This article was prepared by reporters Andrew Higgins , Matthew Brezezinski and David Wessel of The Wall Street Journal.
The IMF, the World Bank and the Japanese government said they plan to lend Russia $22.6 billion by the end of 1999, more than half of that from the IMF, which will have to activate its spare fuel tank, known as the General Agreements to Borrow, to come up with the cash.
The assistance, substantially larger than expected, depends on Russia's promise to deliver on a raft of reforms to boost tax revenue, narrow the budget deficit and encourage more competition.
Russian shares, which have fallen 60% this year, rose on news of the IMF-led package. The Russian Trading System Index surged 13.18 points, or 9.2%, to 157.20. The ruble firmed slightly against the dollar. Yields on one-year treasuries declined to 115% from 129% Friday.
New IMF Money
Anatoly Chubais, the Kremlin's negotiator with international lenders, and IMF officials said that Russia will get $11.2 billion in new IMF money this year, in addition to $1.3 billion already committed, and another total of $2.6 billion in 1999. The World Bank said it will lend Russia up to $6 billion this year and next, of which about $4 billion is on top of previous commitments. Mr. Chubais said he expects $1.7 billion this year and $4.3 billion next. And Japan, gripped by economic woes of its own and a political crisis following the resignation Monday of Prime Minister Ryutaro Hashimoto, will loan $600 million this year and $900 million next year, said Mr. Chubais. The U.S. isn't providing any bilateral aid.
In Washington, White House spokesman Mike McCurry said the U.S. welcomed the deal as a "major step forward." The assistance program is subject to formal approval by the IMF board, which is scheduled to meet in Washington next Monday.

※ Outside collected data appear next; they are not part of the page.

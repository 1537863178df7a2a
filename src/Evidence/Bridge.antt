-- ===== src/Evidence/Bridge.antt =====
-- rintel/evidence_authority/bridge.py: receipts for a relation between two languages.
pub mod Basis
use rintel_core.Prelude.{
  String, Bool, true, false, ◌&&◌, ◌||◌, not, Option, none, some, List, [], ◌∷◌, all, any, contains,
  Result, ok, err, raise_if, ◌>>◌, ◌>>=◌, ◌==◌, string_eq, nat_eq, if◌then◌else◌,
}
use rintel_core.Prelude.Json.{
  Json, null, boolean, integer, negative, real, text, array, object, nil, cons, Fields, end, field,
  keys, get_field, is_truthy,
}

pub data BridgeKind : Type 0 where
  bind_c explicit_wrapper compiler_external_symbol object_link_symbol runtime_observed_call :
      BridgeKind

pub data BridgeError : Type 0 where
  unapproved_basis endpoints_invalid provenance_missing provenance_empty : BridgeError

-- `BridgeKind(basis)`
unfoldable pub bridge_kind : String → Option BridgeKind
bridge_kind s =
    if s == "BIND_C"
    then some bind_c
    else if s == "EXPLICIT_WRAPPER"
    then some explicit_wrapper
    else if s == "COMPILER_EXTERNAL_SYMBOL"
    then some compiler_external_symbol
    else if s == "OBJECT_LINK_SYMBOL"
    then some object_link_symbol
    else if s == "RUNTIME_OBSERVED_CALL"
    then some runtime_observed_call
    else none

-- `_REQUIRED_PROVENANCE`
abbrev pub required_provenance : BridgeKind → List String
required_provenance bind_c = "bind_c_name" ∷ "fortran_symbol" ∷ "c_symbol" ∷ "source_artifact" ∷ []
required_provenance explicit_wrapper = "wrapper_ref" ∷ "wrapped_ref" ∷ "source_artifact" ∷ []
required_provenance compiler_external_symbol =
    "compiler" ∷ "emitted_symbol" ∷ "source_artifact" ∷ []
required_provenance object_link_symbol = "object_hash" ∷ "symbol" ∷ "source_artifact" ∷ []
required_provenance runtime_observed_call = "run_id" ∷ "call_event" ∷ "source_artifact" ∷ []

pub record CrossLanguageBridge : Type 0 where
  pub source_ref : String
  pub target_ref : String
  pub basis : BridgeKind
  pub provenance : Fields
  pub relationship : String
  pub identity_merged : Bool

abbrev pub has_value : Fields → String → Bool
has_value fs k = elim (get_field k fs) [ none ↦ false | some v ↦ is_truthy v ]

abbrev kind_of : String → Result BridgeError BridgeKind
kind_of s = elim (bridge_kind s) [ none ↦ err unapproved_basis | some k ↦ ok k ]

unfoldable pub validate_bridge :
    String → String → String → Fields → Result BridgeError CrossLanguageBridge
validate_bridge source_ref target_ref basis provenance = do
  kind ← kind_of basis
  raise_if (source_ref == "" || target_ref == "" || source_ref == target_ref) endpoints_invalid
  raise_if (not (all (λ k. contains k (keys provenance)) (required_provenance kind)))
      provenance_missing
  raise_if (not (all (has_value provenance) (required_provenance kind))) provenance_empty
  ok (record {
    source_ref = source_ref;
    target_ref = target_ref;
    basis = kind;
    provenance = provenance;
    relationship = "ABI_BRIDGE";
    identity_merged = false;
  })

The package marks a pivotal point for Russia. It takes pressure off the ruble -- staving off a potentially ruinous devaluation -- as well as bond and security markets. But it also sharply raises the price of failure to carry out reforms due to be debated by parliament this week.
Breathing Room
"In the short term Russia gains some breathing room. But it also raises the stakes tremendously," said Vladimir Konovalov, economist at Credit Suisse First Boston in Moscow. "Russia has given the fund the go-ahead to come in and look over its shoulder. If they mess up again they will pay a terrible price."
Mr. Chubais said the scale of the IMF-led assistance would allow Russia to avoid seeking supplementary loans from private sources. Negotiations with western banks have been fitful and testy, said bankers in Moscow. Mr. Chubais said Russia would "not pay any price" for new commercial loans. He said the package would also enable Russia to "limit" issuing new treasury bills. Short-term paper has become a costly burden with real interest rates currently over 100%. The government spends between $1 billion to $1.5 billion a week to redeem such notes, according to officials.
At a joint press conference with Mr. Chubais, John Odling-Smee, the IMF's top Russia negotiator, said holders of short-term Russian treasuries would be able to exchange these for longer-term, dollar-denominated notes. He said the optional bond swap would "ease the pressure on the treasury market and ease the burden of interest payments on the budget."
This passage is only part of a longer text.